それはやはり、あの瞬間移動の魔術が発動したことを意味していた。
ゴートマンは、剣を構えて睨み付けるヴェロウではなく、私に向けて苛烈な怒りを向けながら、その魔術によって攻撃と撤退を同時に――
「――逃がすか――このアホ――っっ!」
「――わ――っ⁈ ゆ、ユーゴ――っ!」
また――攻撃が来る――っ!
そう身構えた私の身体は、銅像の落下を目撃することなく宙を舞った。
またしてもユーゴに担ぎ上げられて、そのままゴートマンへと突進して行ったのだ。
ゴートマンの攻撃は先ほどまで私がいた地点に落下し、何も潰さずに土煙を巻き上げる。
そして――ユーゴの攻撃は――
「――っっ! このガキ――」
「――――っぁああ――――ッ!」
どんと鈍い音がして、ユーゴの拳がゴートマンの肩を撃ち抜いたのが見えた。
撤退の前にユーゴの攻撃が届いたのだ。
だが……同時に、やはり彼では人間を相手に致命傷を与えられないことも意味していた。
悪人だと、敵だと認識しているゴートマンであろうと、彼は急所への攻撃を避けてしまっていた。
ゴートマンはユーゴの攻撃によって大きくのけぞっていた。
その痛みに顔を歪めてもいた。
だが、すぐに勝ち誇ったような笑みを浮かべ、そして私達の前から姿を消した。
捕らえられなかった。
咄嗟の判断によって手の届くところまで迫りながら、ユーゴはゴートマンを取り逃してしまった。

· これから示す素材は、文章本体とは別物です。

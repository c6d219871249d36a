-- ===== src/Frontend/Bench/Admitted.antt =====
-- app/benchmarks/page.tsx against backend/app/models/schemas.py: the bodies that the page sends, and those
-- that the backend admits.
use Prim.Native.String.{String}
use mathlib.Core.List.{append-nil}
use quark_cache.Common.{
  ℕ, ◌≤◌, ◌≡◌, refl, ap, ◌∙◌, Bool, true, List, [], ◌∷◌, ◌++◌, All, All-append, All-without, arith,
  leb, is_some, le→leb, Option-cases, Bool-cases, inl, inr,
}
use quark_cache.Frontend.Js.{Js}
use quark_cache.Frontend.Api.{Reply, ok, failed, BenchmarkResponse}
use quark_cache.Frontend.Html.{Offers}
use quark_cache.Frontend.Runtime.{World, Step, event, reply, Reachable, Reachable-induction}
use quark_cache.Frontend.Bench.{State, Body, twentieths, handle_run, resume}
use quark_cache.Frontend.Bench.View.{
  Event, set_ops_idx, set_read_ratio, set_value_size, set_key_space, run_benchmark, form, view,
  handle, page,
}
use quark_cache.Frontend.Bench.Flight.{IsReady, results-Offers, Reachable-IsSteady}
use quark_cache.Backend.Bench.Request.{benchmark_request}

-- What the backend makes of a body.
abbrev pub admitted : (js : Js) → (js.Number → Bool) → Body js → Bool
admitted js in_unit b =
    is_some (benchmark_request js.Number in_unit b.num_ops b.read_ratio b.value_size b.key_space)

module _ (js : Js) (whole : js.Number → String) where
  -- A ratio that the slider gives.
  abbrev IsStep : js.Number → Type 0
  IsStep x = (k : ℕ) × (k ≤ 20) × (x ≡ twentieths js k)

  abbrev HasSteps : State js → List (Body js) → Type 0
  HasSteps s bs = IsStep s.read_ratio × All (λ b. IsStep b.read_ratio) bs

  form-ratio : (k : ℕ) (s : State js) → Offers (set_read_ratio k) (form js s) → k ≤ 20
  unfolding form
  form-ratio k s h = ground arith

  view-ratio : (k : ℕ) (s : State js) → Offers (set_read_ratio k) (view js whole s) → k ≤ 20
  unfolding view
  view-ratio k s h = elim (Option-cases s.result) [
    | inl e ↦ ground (arith, form-ratio k s)
    | inr (r, e) ↦ ground (arith, form-ratio k s, results-Offers js whole (set_read_ratio k) r)
  ]

  handle-HasSteps :
      (e : Event) (s : State js) (bs : List (Body js))
      → Offers e (view js whole s)
      → HasSteps s bs
      → HasSteps (handle js e s).0 (bs ++ (handle js e s).1)
  unfolding handle handle_run
  handle-HasSteps (set_ops_idx i) s bs o h = rw append-nil h
  handle-HasSteps (set_read_ratio k) s bs o h = rw append-nil ((k, view-ratio k s o, refl), h.1)
  handle-HasSteps (set_value_size v) s bs o h = rw append-nil h
  handle-HasSteps (set_key_space v) s bs o h = rw append-nil h
  handle-HasSteps run_benchmark s bs o h =
      (h.0, All-append (λ b. IsStep b.read_ratio) bs _ h.1 (h.0, tt))

  resume-ratio :
      (r : Reply (BenchmarkResponse js.Number)) (s : State js)
      → (resume js r s).read_ratio ≡ s.read_ratio
  unfolding resume
  resume-ratio (ok a) s = refl
  resume-ratio (failed d) s = refl

  Step-HasSteps :
      (w v : World (page js whole))
      → Step (page js whole) w v
      → HasSteps w.state w.pending
      → HasSteps v.state v.pending
  Step-HasSteps w _ (event e c o) h = handle-HasSteps e w.state w.pending o h
  Step-HasSteps w _ (reply before p after e r c) h =
      let kept : All (λ b. IsStep b.read_ratio) (before ++ p ∷ after) = rw e at h.1 in
      rw append-nil (
        rw (resume-ratio r w.state) h.0,
        All-without (λ b. IsStep b.read_ratio) before p after kept,
      )

  Reachable-HasSteps :
      (w : World (page js whole)) → Reachable (page js whole) w → HasSteps w.state w.pending
  Reachable-HasSteps =
      Reachable-induction (page js whole) (λ w. HasSteps w.state w.pending)
        ((16, omega arith, refl), tt) Step-HasSteps

  module _ (in_unit : js.Number → Bool)
      (steps : (k : ℕ) → k ≤ 20 → in_unit (twentieths js k) ≡ true) where
    admitted-IsReady :
        (b : Body js)
        → IsReady js whole b
        → IsStep b.read_ratio
        → admitted js in_unit b ≡ leb b.value_size 4096
    unfolding benchmark_request
    admitted-IsReady b ((n, e, low, high), size, keys) (k, few, ratio) =
        let unit : in_unit b.read_ratio ≡ true = ap in_unit ratio ∙ steps k few in
        let least = le→leb 1 n (omega arith) in
        let most = le→leb n 500000 (omega arith) in
        elim (Bool-cases (leb b.value_size 4096)) [
          | inl v ↦
              rw
                (
                  e,
                  benchmark_request,
                  unit,
                  least,
                  most,
                  le→leb 1 b.value_size size,
                  le→leb 1 b.key_space keys,
                  v,
                )
                refl
          | inr v ↦ rw (e, benchmark_request, unit, least, most, le→leb 1 b.value_size size, v) refl
        ]

    All-admitted :
        (bs : List (Body js))
        → All (IsReady js whole) bs
        → All (λ b. IsStep b.read_ratio) bs
        → All (λ b. admitted js in_unit b ≡ leb b.value_size 4096) bs
    All-admitted [] h k = tt
    All-admitted (b ∷ bs) (x, h) (y, k) = (admitted-IsReady b x y, All-admitted bs h k)

    -- If the slider's steps from 0 to 1 are numbers that the schema takes for numbers from 0 to 1: in every
    -- reachable state of the benchmarks page each body in flight is admitted by the schema of the
    -- backend exactly if its value size is 4096 at most.
    pub Reachable-admitted :
        (w : World (page js whole))
        → Reachable (page js whole) w
        → All (λ b. admitted js in_unit b ≡ leb b.value_size 4096) w.pending
    Reachable-admitted w r =
        All-admitted w.pending (Reachable-IsSteady js whole w r).ready (Reachable-HasSteps w r).1
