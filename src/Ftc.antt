-- ===== src/Ftc.antt =====
-- callfwd/FtcMapping.cpp: complaints by number.
use lnr_high_performance.Base.{
  true, false, sym, ap, refl, leb, arith, ℕ, suc, ◌+◌, ◌<◌, ◌≡◌, not, Option, none, some, List, [],
  ◌∷◌, map, length, Bytes, leb, if◌then◌else◌, get_or, All, bad_columns, Result, ok, err, and_then,
  Run, done, ◌>>=◌,
}
use lnr_high_performance.Csv.Lines.{IsLine, text_of, at}
use lnr_high_performance.Csv.{Loaded, load_rows}
use lnr_high_performance.Keyed.Spelled.{Spelled, first_of, load_rows-first_of}
use lnr_high_performance.Keyed.Answers.{answer, entry}
use lnr_high_performance.Text.Columns.{Written, split_line-Written}
use lnr_high_performance.Keyed.{Table, new_table, insert_row, get_all, with_columns}
use lnr_high_performance.Keyed
use lnr_high_performance.Text.{stoll, split_line, starts_digit, field}
use lnr_high_performance.Vendor.{Folly}

pub record FtcData : Type 0 where
  pub pn : ℕ
  pub first_ftc_on : Bytes
  pub last_ftc_on : Bytes
  pub ftc_count : Bytes

-- the tests of `fromCSV` on a line, and its columns
unfoldable pub columns : Bytes → Result (Option (List Bytes))
columns line =
    let parts = split_line line in
    if not (starts_digit line)
    then ok none
    else if leb 5 (length parts)
    then ok (some parts)
    else err bad_columns

-- the key that `addRow` computes
unfoldable pub key_of : List Bytes → Result ℕ
key_of parts = and_then (field 1 parts) stoll

-- the value that `addRow` fills in
unfoldable pub data_of : ℕ → List Bytes → Result FtcData
data_of pn parts = and_then (field 2 parts) λ first_ftc_on. and_then (field 3 parts) λ last_ftc_on.
    and_then (field 5 parts) λ ftc_count. ok (record {
      pn = pn;
      first_ftc_on = first_ftc_on;
      last_ftc_on = last_ftc_on;
      ftc_count = ftc_count;
    })

-- what an answer becomes for which there is no entry: its other fields stay
abbrev pub missing : FtcData → FtcData
missing old = record old { pn = 0 }

-- What a line says. One that starts with no digit is skipped; any other is a row of at least six
-- columns, of which the second reads as the number, and the third, fourth and sixth are kept.
abbrev pub Spells : Bytes → Option (ℕ × FtcData) → Type 0
Spells line none = starts_digit line ≡ false
Spells line (some e) =
    (id number first last created count : Bytes) × (more : List Bytes) × Written
      (id ∷ number ∷ first ∷ last ∷ created ∷ count ∷ more) line
    × (starts_digit line ≡ true)
    × (stoll number ≡ ok e.0)
    × (e.1 ≡ record { pn = e.0; first_ftc_on = first; last_ftc_on = last; ftc_count = count })

entry-Spells :
    (line : Bytes) (e : Option (ℕ × FtcData))
    → Spells line e
    → entry columns key_of (λ k. k) data_of line ≡ ok e
unfolding entry columns key_of data_of field
entry-Spells line none h = rw h refl
entry-Spells line (some e) (id, number, first, last, created, count, more, w, d, n, v) =
    let wide : leb 5 (length (id ∷ number ∷ first ∷ last ∷ created ∷ count ∷ more)) ≡ true =
      ground arith in
    rw (split_line-Written (id ∷ number ∷ first ∷ last ∷ created ∷ count ∷ more) line w, d, wide, n)
      (ap (λ x. ok (some (e.0, x))) (sym v))

module _ (F : Folly FtcData) where
  unfoldable pub add_row : List Bytes → Table F → Result (Table F)
  add_row parts d = and_then (key_of parts) λ k. insert_row F k k (data_of k parts) d

  -- the body of the loop of `fromCSV`
  unfoldable pub read_line : Bytes → Table F → Result (Table F)
  read_line line d = with_columns (columns line) add_row d

  unfoldable pub get_ftcs : ℕ → Table F → List (ℕ × FtcData) → Run (List FtcData)
  get_ftcs prefetch d out = get_all F (λ pn. pn) (λ v. v) missing prefetch d out

  -- `old` is what the local variable holds before
  unfoldable pub get_ftc : ℕ → Table F → FtcData → ℕ → Run FtcData
  get_ftc prefetch d old pn =
      get_ftcs prefetch d ((pn, old) ∷ []) >>= λ out. done (get_or out 0 old)

  unfoldable pub build : Table F → Table F
  build d = Keyed.build F d

  -- Loading a file of complete lines into a new builder without an exception, whatever the batch
  -- size, and building it: each number of a batch is then answered with the record of the
  -- first row that has it as its second column, or pn becomes 0 and the rest of the answer stays.
  -- Every line starts with no digit and is skipped, or is such a row of at least six columns.
  pub get_ftcs-load :
      (k fuel prefetch : ℕ) (ls : List Bytes) (es : List (Option (ℕ × FtcData)))
      (l : Loaded (Table F))
      → Spelled Spells ls es
      → All IsLine ls
      → length ls + 1 < fuel
      → 0 < prefetch
      → load_rows read_line (suc k) fuel (at (text_of ls [])) 0 (new_table F) ≡ done l
      → l.thrown ≡ none
      → (out : List (ℕ × FtcData))
      → get_ftcs prefetch (build l.content) out
        ≡ done (
            map
              (λ (p : ℕ × FtcData).
                answer (λ v. v) (λ old. record old { pn = 0 }) (first_of (p.0) es) p.1)
              out)
  unfolding add_row read_line get_ftcs build
  get_ftcs-load k fuel prefetch ls es l spelled lines enough pos run fine out =
      load_rows-first_of F columns key_of (λ k. k) data_of Spells entry-Spells (λ pn. pn) (λ v. v)
        (λ old. record old { pn = 0 }) k fuel prefetch ls es l spelled lines enough pos run fine out
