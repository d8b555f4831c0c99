-- ===== src/Geo.antt =====
-- callfwd/GeoMapping.cpp: the place of a number's first digits.
use lnr_high_performance.Base.{
  true, sym, ap, leb, arith, ℕ, suc, ◌+◌, ◌/◌, ◌<◌, ◌≡◌, Option, none, some, List, [], ◌∷◌, map,
  length, Bytes, leb, if◌then◌else◌, get_or, All, bad_columns, Result, ok, err, and_then, Run, done,
  ◌>>=◌,
}
use lnr_high_performance.Csv.Lines.{IsLine, text_of, at}
use lnr_high_performance.Csv.{Loaded, load_rows}
use lnr_high_performance.Keyed.Spelled.{Spelled, first_of, load_rows-first_of}
use lnr_high_performance.Keyed.Answers.{answer, entry}
use lnr_high_performance.Text.Columns.{Written, split_line-Written}
use lnr_high_performance.Keyed.{Table, new_table, insert_row, get_all, with_columns}
use lnr_high_performance.Keyed
use lnr_high_performance.Text.{stoll, split_line, field}
use lnr_high_performance.Vendor.{Folly}

pub record GeoData : Type 0 where
  pub npanxx : ℕ
  pub zipcode : Bytes
  pub county : Bytes
  pub city : Bytes
  pub latitude : Bytes
  pub longitude : Bytes
  pub timezone : Bytes

-- the tests of `fromCSV` on a line, and its columns
unfoldable pub columns : Bytes → Result (Option (List Bytes))
columns line =
    let parts = split_line line in
    if leb 19 (length parts) then ok (some parts) else err bad_columns

-- the key that `addRow` computes
unfoldable pub key_of : List Bytes → Result ℕ
key_of parts = and_then (field 0 parts) stoll

-- the value that `addRow` fills in
unfoldable pub data_of : ℕ → List Bytes → Result GeoData
data_of npanxx parts = and_then (field 1 parts) λ zipcode. and_then (field 10 parts) λ county.
    and_then (field 6 parts) λ city. and_then (field 9 parts) λ latitude.
      and_then (field 11 parts) λ longitude. and_then (field 19 parts) λ timezone. ok (record {
        npanxx = npanxx;
        zipcode = zipcode;
        county = county;
        city = city;
        latitude = latitude;
        longitude = longitude;
        timezone = timezone;
      })

-- what an answer becomes for which there is no entry: its other fields stay
abbrev pub missing : GeoData → GeoData
missing old = record old { npanxx = 0 }

-- What a line says: it is a row of at least twenty columns, of which the first reads as the first
-- digits of a number, and the second, seventh, tenth, eleventh, twelfth and twentieth are kept.
abbrev pub Spells : Bytes → Option (ℕ × GeoData) → Type 0
Spells line none = ⊥
Spells line (some e) =
    (number zipcode c2 c3 c4 c5 city c7 c8 latitude county longitude : Bytes) × (c12 c13 c14 c15 c16
      c17 c18 timezone : Bytes)
    × (more : List Bytes) × Written
        (number ∷ zipcode ∷ c2 ∷ c3 ∷ c4 ∷ c5 ∷ city ∷ c7 ∷ c8 ∷ latitude ∷ county ∷ longitude ∷ c12
          ∷ c13 ∷ c14 ∷ c15 ∷ c16 ∷ c17 ∷ c18 ∷ timezone ∷ more)
        line
    × (stoll number ≡ ok e.0)
    × (e.1 ≡ record {
      npanxx = e.0;
      zipcode = zipcode;
      county = county;
      city = city;
      latitude = latitude;
      longitude = longitude;
      timezone = timezone;
    })

entry-Spells :
    (line : Bytes) (e : Option (ℕ × GeoData))
    → Spells line e
    → entry columns key_of (λ k. k) data_of line ≡ ok e
unfolding entry columns key_of data_of field
entry-Spells line none h = absurd h
entry-Spells line (some e)
      (
        number, zipcode, c2, c3, c4, c5, city, c7, c8, latitude, county, longitude, c12, c13, c14,
        c15, c16, c17, c18, timezone, more, w, n, v,
      ) =
    let wide : leb 19 (
          length (
            number ∷ zipcode ∷ c2 ∷ c3 ∷ c4 ∷ c5 ∷ city ∷ c7 ∷ c8 ∷ latitude ∷ county ∷ longitude
            ∷ c12 ∷ c13 ∷ c14 ∷ c15 ∷ c16 ∷ c17 ∷ c18 ∷ timezone ∷ more))
        ≡ true =
      ground arith in
    rw
      (
        split_line-Written
            (number ∷ zipcode ∷ c2 ∷ c3 ∷ c4 ∷ c5 ∷ city ∷ c7 ∷ c8 ∷ latitude ∷ county ∷ longitude
              ∷ c12 ∷ c13 ∷ c14 ∷ c15 ∷ c16 ∷ c17 ∷ c18 ∷ timezone ∷ more)
            line w,
        wide,
        n,
      )
      (ap (λ x. ok (some (e.0, x))) (sym v))

module _ (F : Folly GeoData) where
  unfoldable pub add_row : List Bytes → Table F → Result (Table F)
  add_row parts d = and_then (key_of parts) λ k. insert_row F k k (data_of k parts) d

  -- the body of the loop of `fromCSV`
  unfoldable pub read_line : Bytes → Table F → Result (Table F)
  read_line line d = with_columns (columns line) add_row d

  unfoldable pub get_geos : ℕ → Table F → List (ℕ × GeoData) → Run (List GeoData)
  get_geos prefetch d out = get_all F (λ pn. pn / 10000) (λ v. v) missing prefetch d out

  -- `old` is what the local variable holds before
  unfoldable pub get_geo : ℕ → Table F → GeoData → ℕ → Run GeoData
  get_geo prefetch d old pn =
      get_geos prefetch d ((pn, old) ∷ []) >>= λ out. done (get_or out 0 old)

  unfoldable pub build : Table F → Table F
  build d = Keyed.build F d

  -- Loading a file of complete lines into a new builder without an exception, whatever the batch
  -- size, and building it: each number of a batch is then answered with the place of the
  -- first row of its first digits, the number divided by 10000, or npanxx becomes 0 and the rest of
  -- the answer stays. Every line is such a row of at least twenty columns.
  pub get_geos-load :
      (k fuel prefetch : ℕ) (ls : List Bytes) (es : List (Option (ℕ × GeoData)))
      (l : Loaded (Table F))
      → Spelled Spells ls es
      → All IsLine ls
      → length ls + 1 < fuel
      → 0 < prefetch
      → load_rows read_line (suc k) fuel (at (text_of ls [])) 0 (new_table F) ≡ done l
      → l.thrown ≡ none
      → (out : List (ℕ × GeoData))
      → get_geos prefetch (build l.content) out
        ≡ done (
            map
              (λ (p : ℕ × GeoData).
                answer (λ v. v) (λ old. record old { npanxx = 0 }) (first_of (p.0 / 10000) es) p.1)
              out)
  unfolding add_row read_line get_geos build
  get_geos-load k fuel prefetch ls es l spelled lines enough pos run fine out =
      load_rows-first_of F columns key_of (λ k. k) data_of Spells entry-Spells (λ pn. pn / 10000)
        (λ v. v) (λ old. record old { npanxx = 0 }) k fuel prefetch ls es l spelled lines enough pos
        run fine out
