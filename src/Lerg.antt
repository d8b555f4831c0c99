-- ===== src/Lerg.antt =====
-- callfwd/LergMapping.cpp: the carrier of a number, by its first seven digits or its first six.
pub mod Answers
pub mod Spelled
pub mod Rows
use lnr_high_performance.Base.{
  ℕ, ◌+◌, ◌*◌, ◌/◌, ◌%◌, ◌^◌, Bool, not, Option, none, some, List, [], ◌∷◌, ◌++◌, map, length,
  Bytes, leb, ◌==◌, if◌then◌else◌, is_some, get_or, duplicate_key, too_much_rows, bad_columns,
  Result, ok, err, and_then, Run, done, ◌>>=◌,
}
use lnr_high_performance.Batch.{batch}
use lnr_high_performance.Keyed.{with_columns}
use lnr_high_performance.PhoneMapping.{
  PhoneList, phone_list, max_rows, number_from, stable_sort, wire, unique,
}
use lnr_high_performance.Text.{stoll, split_line, starts_digit, field}
use lnr_high_performance.Vendor.{Folly}

pub record LergData : Type 0 where
  pub lerg_key : ℕ
  pub state : Bytes
  pub company : Bytes
  pub ocn : Bytes
  pub rate_center : Bytes
  pub ocn_type : Bytes
  pub lata : Bytes
  pub country : Bytes

pub record Data (F : Folly LergData) : Type 0 where
  pub meta : F.Dynamic
  pub dic_npa_nxx_x : F.Map
  pub dic_npa_nxx : F.Map
  pub pn_column : List PhoneList
  pub lerg_index : List PhoneList

-- the tests of `fromCSV` on a line, and its columns
unfoldable pub columns : Bytes → Result (Option (List Bytes))
columns line =
    let parts = split_line line in
    if not (starts_digit line)
    then ok none
    else if length parts == 10
    then ok (some parts)
    else err bad_columns

-- a row of an exchange: the third column is empty
unfoldable pub is_exchange : List Bytes → Bool
is_exchange parts = length (get_or parts 2 []) == 0

-- the sum of two or three numbers, computed modulo 2^64
unfoldable pub key_of : List Bytes → Result ℕ
key_of parts = and_then (field 0 parts) λ s0. and_then (stoll s0) λ npa.
    and_then (field 1 parts) λ s1. and_then (stoll s1) λ nxx.
      if is_exchange parts
      then ok ((npa * 1000 + nxx) % 2 ^ 64)
      else (and_then (field 2 parts)
          λ s2. and_then (stoll s2) λ x. ok ((npa * 10000 + nxx * 10 + x) % 2 ^ 64))

-- `(rowbuf[i] == "" ? std::string(" ") : rowbuf[i])`, for a row of a block only
unfoldable pub text_field : ℕ → List Bytes → Result Bytes
text_field i parts =
    and_then (field i parts)
      λ s. ok (if is_exchange parts then s else if length s == 0 then b' ' ∷ [] else s)

unfoldable pub data_of : ℕ → List Bytes → Result LergData
data_of lerg_key parts = and_then (text_field 3 parts) λ state.
    and_then (text_field 4 parts) λ company. and_then (text_field 5 parts) λ ocn.
      and_then (text_field 6 parts) λ rate_center. and_then (text_field 7 parts) λ ocn_type.
        and_then (text_field 8 parts) λ lata. and_then (text_field 9 parts) λ country. ok (record {
          lerg_key = lerg_key;
          state = state;
          company = company;
          ocn = ocn;
          rate_center = rate_center;
          ocn_type = ocn_type;
          lata = lata;
          country = country;
        })

-- what is written for a find, into an answer that holds `old`
unfoldable pub write : Option LergData → LergData → LergData
write (some v) old = v
write none old = record old { lerg_key = 0 }

module _ (F : Folly LergData) where
  unfoldable pub new_data : Data F
  new_data = record {
    meta = F.null_dynamic;
    dic_npa_nxx_x = F.empty;
    dic_npa_nxx = F.empty;
    pn_column = [];
    lerg_index = [];
  }

  unfoldable pub set_metadata : F.Dynamic → Data F → Data F
  set_metadata m d = record d { meta = m }

  -- the guards and the update, in the map of the row's kind
  unfoldable pub insert_row : Bool → ℕ → Result LergData → Data F → Result (Data F)
  insert_row exchange k value d =
      if is_some (F.find k (if exchange then d.dic_npa_nxx else d.dic_npa_nxx_x))
      then err duplicate_key
      else if leb max_rows (length d.pn_column)
      then err too_much_rows
      else and_then value λ v. ok (record d {
        dic_npa_nxx = if exchange then F.emplace k v d.dic_npa_nxx else d.dic_npa_nxx;
        dic_npa_nxx_x = if exchange then d.dic_npa_nxx_x else F.emplace k v d.dic_npa_nxx_x;
        pn_column = d.pn_column ++ phone_list k max_rows ∷ [];
        lerg_index = d.lerg_index ++ phone_list k max_rows ∷ [];
      })

  unfoldable pub add_row : List Bytes → Data F → Result (Data F)
  add_row parts d =
      and_then (key_of parts) λ k. insert_row (is_exchange parts) k (data_of k parts) d

  -- the body of the loop of `fromCSV`
  unfoldable pub read_line : Bytes → Data F → Result (Data F)
  read_line line d = with_columns (columns line) add_row d

  -- `Data::build`
  unfoldable pub build : Data F → Data F
  build d =
      let index = stable_sort (number_from 0 d.lerg_index) in
      record d { pn_column = wire index d.pn_column; lerg_index = unique index }

  -- the second loop of `getLergs`: the block first, and the exchange where the key is 0
  unfoldable pub fill : Data F → List (F.Token × F.Token) → List (ℕ × LergData) → List LergData
  fill d [] out = []
  fill d (t ∷ ts) [] = []
  fill d (t ∷ ts) (p ∷ out) =
      let block = write (F.find_token t.0 (p.0 / 1000) d.dic_npa_nxx_x) p.1 in
      (if block.lerg_key == 0
        then write (F.find_token t.1 (p.0 / 1000 / 10) d.dic_npa_nxx) block
        else block)
      ∷ fill d ts out

  unfoldable pub get_lergs : ℕ → Data F → List (ℕ × LergData) → Run (List LergData)
  get_lergs prefetch d out =
      batch
        (λ (ps : List (ℕ × LergData)).
          fill d (map (λ p. (F.prehash (p.0 / 1000), F.prehash (p.0 / 1000 / 10))) ps) ps)
        prefetch (length out) out

  -- `old` is what the local variable holds before
  unfoldable pub get_lerg : ℕ → Data F → LergData → ℕ → Run LergData
  get_lerg prefetch d old pn =
      get_lergs prefetch d ((pn, old) ∷ []) >>= λ out. done (get_or out 0 old)
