-- ===== src/PhoneMapping/Lines.antt =====
-- The body of the loop of `fromCSV` of callfwd/PhoneMapping.cpp.
use lnr_high_performance.Base.{
  ℕ, none, some, List, [], ◌∷◌, Bytes, bad_columns, bad_conversion, Result, ok, err,
}
use lnr_high_performance.PhoneMapping.{Data, add_row}
use lnr_high_performance.Vendor.{Folly, FollyText}

-- `folly::split(',', linebuf, rowbuf)`: the pieces as numbers; one that is none throws
unfoldable pub to_numbers : FollyText → List Bytes → Result (List ℕ)
to_numbers T [] = ok []
to_numbers T (s ∷ pieces) = elim (T.try_to_uint64 s) [
  | none ↦ err bad_conversion
  | some n ↦ elim (to_numbers T pieces) [ err e ↦ err e | ok ns ↦ ok (n ∷ ns) ]
]

-- `if (rowbuf.size() == 2)`
unfoldable pub two_columns : List ℕ → Result (ℕ × ℕ)
two_columns (pn ∷ rn ∷ []) = ok (pn, rn)
two_columns _ = err bad_columns

unfoldable pub parse_line : FollyText → Bytes → Result (ℕ × ℕ)
parse_line T line = elim (to_numbers T (T.split b',' line)) [
  | err e ↦ err e
  | ok ns ↦ two_columns ns
]

-- the body of the loop of `fromCSV`
unfoldable pub read_line : FollyText → (F : Folly ℕ) → Bytes → Data F → Result (Data F)
read_line T F line d = elim (parse_line T line) [ err e ↦ err e | ok (pn, rn) ↦ add_row F d pn rn ]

「――っ。くそ……悪い、フィリア。捕まえらんなかった」
「いえ、貴方は何も悪くありません」
「むしろ、あの攻撃から私を守りながらでも攻勢に出られるのだと、あちらに強く印象付けられたでしょう」
「これで、ゴートマンも迂闊な攻撃は出来なくなった筈です」
私の言葉に、ユーゴはすぐにそっぽを向いてしまった。
そして、小さな声でごめんともう一度謝った。
私の嘘は、どうしてこんなにも簡単に見抜かれてしまうのだろうな。
きっと、ゴートマンは確信してしまっただろう。
ユーゴの特別な強さを。
そして、その特別な強さが自分に刃を向けないことを。
次からはそういう想定で、きっと今回以上に苛烈な攻撃を仕掛けてくる。
ユーゴもそれを理解してしまったみたいだった。
「そうだ……っ! ハミルトンさん! 大丈夫ですか!」
「っ! バカ! アホ! このまぬけ! お前は近付くな! さっきまで散々狙われてただろうが!」
そ、それはゴートマンによって操られていたから……だけでは……ないのだろうな。
ユーゴの小さな背中越しに見えたハミルトンの顔には、後悔と、そして同時に恐怖心が浮かんでいた。
そして……それが向いている先は、私だった。
「……フィリア……フィリア=ネイ……? 姉ちゃん……いや、貴女はまさか……」
「っ。はい。騙すような真似をしてすみませんでした」
「私の名は、フィリア=ネイ。現アンスーリァ国王、フィリア=ネイ=アンスーリァです」
私が名を名乗ると、バーテルと呼ばれたもうひとりの見張りの男は、慌てた様子で膝を突いた。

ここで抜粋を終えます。